**Task instructions:**
Of the lines below, copy those that hold the word "content".

═════ Data for analysis ═════

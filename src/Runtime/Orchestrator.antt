-- ===== src/Runtime/Orchestrator.antt =====
-- services/agent-runtime/orchestrator.py: one turn of the agent, with its guardrails, memory, retrieval,
-- tools and human review. The latency is left out, as is the reason in the guardrail's audit events.
use agent_builder_factory_ap.Base.{
  ℕ, ◌+◌, String, Bool, true, false, Option, none, some, List, [], ◌∷◌, ◌++◌, Result, ok, err, pure,
  raise, ◌>>=◌, ◌>>◌, ◌==◌, if◌then◌else◌, string_key,
}
use agent_builder_factory_ap.Tools.Policy.{ToolError}
use agent_builder_factory_ap.Tools.Executor.{ToolCall, ToolResult, execute}
use agent_builder_factory_ap.Approval.Review.{HitlReviewStatus, HitlReviewRecord, ResumeContext}
use agent_builder_factory_ap.Approval.Resume.{request_approval}
use agent_builder_factory_ap.Runtime.Guardrail.{input, output, GuardrailResult, check}
use agent_builder_factory_ap.Runtime.Prompt.{
  Role, Message, build_messages, pre_check, run_text, create_review,
}
use agent_builder_factory_ap.Runtime.Rag.{retrieve}
use Prim.Native.String.{◌++◌ as append}
use agent_builder_factory_ap.Runtime.State.{
  Agent, LlmResult, Outside, RunError, ChatRequest, RuntimeTables, or_zero, review_table,
  memory_table, spending_table, Action, in_guardrail, in_rag, in_reviews, attempt, audit,
  load_memory, save_memory, complete, record_cost,
}

-- the text of an answer: the model's, or one of the fixed ones
pub data Response : Type 0 where
  reply : String → Response
  blocked_response_text : Response
  hitl_pending_message : Response
  approval_pending_message : Response

pub record Tokens : Type 0 where
  pub input_tokens : ℕ
  pub output_tokens : ℕ

pub record RunResult : Type 0 where
  pub response : Response
  pub session_id : String
  pub run_id : String
  pub hitl_pending : Bool
  pub approval_review_id : Option String
  pub tokens : Tokens

abbrev pub no_tokens : Tokens
no_tokens = record { input_tokens = 0; output_tokens = 0 }

abbrev pub add_tokens : Tokens → LlmResult → Tokens
add_tokens t r = record {
  input_tokens = t.input_tokens + or_zero r.input_tokens;
  output_tokens = t.output_tokens + or_zero r.output_tokens;
}

-- `sanitised_text or message`
abbrev pub or_message : Option String → String → String
or_message none message = message
or_message (some t) message = if t == "" then message else t

-- `next((c for c in tool_calls if c["name"] == tool_id), None)`, and its id
abbrev pub matching_id : String → List ToolCall → Option String
matching_id tool_id [] = none
matching_id tool_id (c ∷ cs) = if c.name == tool_id then c.id else matching_id tool_id cs

-- what a turn knows after its input was checked
pub record Turn : Type 0 where
  pub session_id : String
  pub user_id : Option String
  pub effective_message : String
  pub tokens : Tokens

abbrev pub result_of : Outside → Turn → Response → RunResult
result_of o u response = record {
  response = response;
  session_id = u.session_id;
  run_id = o.turn.run_id;
  hitl_pending = false;
  approval_review_id = none;
  tokens = u.tokens;
}

abbrev text_of : Response → String
text_of (Response.reply s) = s
text_of Response.blocked_response_text = "This request cannot be processed."
text_of Response.hitl_pending_message = "This request requires human review. You will be notified."
text_of Response.approval_pending_message =
    "This action requires human approval before it can proceed. You will be notified once a decision is made."

abbrev pub or_final : Option String → String → String
or_final none final_response = final_response
or_final (some t) final_response = t

abbrev pub context_of : Turn → String → List ToolCall → ResumeContext
context_of u tool_id calls = record {
  session_id = u.session_id;
  tool_id = tool_id;
  tool_calls = calls;
  approved_call_id = matching_id tool_id calls;
}

-- the item of `tool_approval.request_approval`
abbrev pub approval_of : Outside → Agent → Turn → String → List ToolCall → HitlReviewRecord
approval_of o a u tool_id calls = record {
  tenant_id = a.tenant_id;
  review_id = o.turn.review_id;
  agent_id = a.agent_id;
  project_id = none;
  trigger_condition = append "tool_risk:" tool_id;
  context_summary = append (run_text o.turn u.session_id) (append " tool=" tool_id);
  status = HitlReviewStatus.pending;
  timeout_hours = a.human_review.timeout_hours;
  requested_by = append "agent-runtime:" a.agent_id;
  requested_at = o.turn.now;
  reviewed_by = none;
  reviewed_at = none;
  decision_reason = none;
  kind = "tool_approval";
  tool_id = some tool_id;
  resume_context = some (context_of u tool_id calls);
}

abbrev pub with_results : List Message → LlmResult → List ToolResult → List Message
with_results messages r results =
    messages
    ++ (record { role = Role.assistant r.tool_calls; content = r.content }
        ∷ record { role = Role.tool_results results; content = "" }
        ∷ [])

abbrev pub turn_of : ChatRequest → Turn
turn_of q = record {
  session_id = q.session_id;
  user_id = q.user_id;
  effective_message = q.message;
  tokens = no_tokens;
}

module _ ⦃t : RuntimeTables⦄ where
  abbrev pub replace_response : Agent → String → GuardrailResult → Action Response
  replace_response a final_response c =
      if c.blocked
      then (audit "guardrail.output_blocked" a.agent_id >> pure Response.blocked_response_text)
      else pure (Response.reply (or_final c.sanitised_text final_response))

  unfoldable pub finalize : Outside → Agent → Turn → String → Action RunResult
  finalize o a u final_response = do
    c ← in_guardrail (check o.guardrail a.tenant_id a.guardrail_policy_id output final_response)
    response ← replace_response a final_response c
    save_memory o a u.session_id u.user_id u.effective_message (text_of response)
    pure (result_of o u response)

  unfoldable pub request_tool_approval :
      Outside → Agent → Turn → String → List ToolCall → Action RunResult
  request_tool_approval o a u tool_id calls = do
    review_id ← in_reviews (request_approval (approval_of o a u tool_id calls))
    pure (record (result_of o u Response.approval_pending_message) {
      hitl_pending = true;
      approval_review_id = some review_id;
    })

  abbrev pub answer_tools :
      Outside → Agent → Turn → List Message → LlmResult → List ToolResult → Action RunResult
  answer_tools o a u messages r results = do
    final ← complete o a (with_results messages r results)
    record_cost o a final
    finalize o a (record u { tokens = add_tokens u.tokens final }) final.content

  abbrev pub after_tools :
      Outside
      → Agent
      → Turn
      → List Message
      → LlmResult
      → Result ToolError (List ToolResult)
      → Action RunResult
  after_tools o a u messages r (ok results) = answer_tools o a u messages r results
  after_tools o a u messages r (err (ToolError.approval_required tool_id)) =
      request_tool_approval o a u tool_id r.tool_calls
  after_tools o a u messages r (err (ToolError.denied tool_id reason)) =
      raise (RunError.tool_error (ToolError.denied tool_id reason))
  after_tools o a u messages r (err (ToolError.invalid_risk risk)) =
      raise (RunError.tool_error (ToolError.invalid_risk risk))
  after_tools o a u messages r (err (ToolError.lambda_error e)) =
      raise (RunError.tool_error (ToolError.lambda_error e))

  abbrev pub run_tools : Outside → Agent → Turn → List Message → LlmResult → Action RunResult
  run_tools o a u messages r = do
    results ← attempt (execute o.tools a.toolbox none r.tool_calls)
    after_tools o a u messages r results

  abbrev pub after_reply : Outside → Agent → Turn → List Message → LlmResult → Action RunResult
  after_reply o a u messages r = elim r.tool_calls [
    | [] ↦ finalize o a u r.content
    | c ∷ cs ↦ run_tools o a u messages r
  ]

  unfoldable pub ask_model : Outside → Agent → Turn → List Message → Action RunResult
  ask_model o a u messages = do
    r ← complete o a messages
    record_cost o a r
    after_reply o a (record u { tokens = add_tokens u.tokens r }) messages r

  abbrev pub pause_or_ask : Outside → Agent → Turn → List Message → Option String → Action RunResult
  pause_or_ask o a u messages none = ask_model o a u messages
  pause_or_ask o a u messages (some trigger) = do
    in_reviews (create_review o.turn a.human_review u.effective_message u.session_id trigger)
    pure (record (result_of o u Response.hitl_pending_message) { hitl_pending = true })

  unfoldable pub run_checked : Outside → Agent → ChatRequest → String → Action RunResult
  run_checked o a q message = do
    history ← load_memory a q
    kb ← in_rag (retrieve o.rag a.tenant_id a.knowledge_base message)
    let u : Turn = record {
      session_id = q.session_id;
      user_id = q.user_id;
      effective_message = message;
      tokens = no_tokens;
    }
    let messages = build_messages message kb history
    pause_or_ask o a u messages (pre_check o.mentions a.human_review message)

  abbrev pub stop_or_run : Outside → Agent → ChatRequest → GuardrailResult → Action RunResult
  stop_or_run o a q c =
      if c.blocked
      then (audit "guardrail.input_blocked" a.agent_id
          >> pure (result_of o (turn_of q) Response.blocked_response_text))
      else run_checked o a q (or_message c.sanitised_text q.message)

  unfoldable pub run : Outside → Agent → ChatRequest → Action RunResult
  run o a q = do
    c ← in_guardrail (check o.guardrail a.tenant_id a.guardrail_policy_id input q.message)
    stop_or_run o a q c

═════

**Response:**
    ++ (record { role = Role.assistant r.tool_calls; content = r.content }
        ∷ record { role = Role.tool_results results; content = "" }
    finalize o a (record u { tokens = add_tokens u.tokens final }) final.content
    | [] ↦ finalize o a u r.content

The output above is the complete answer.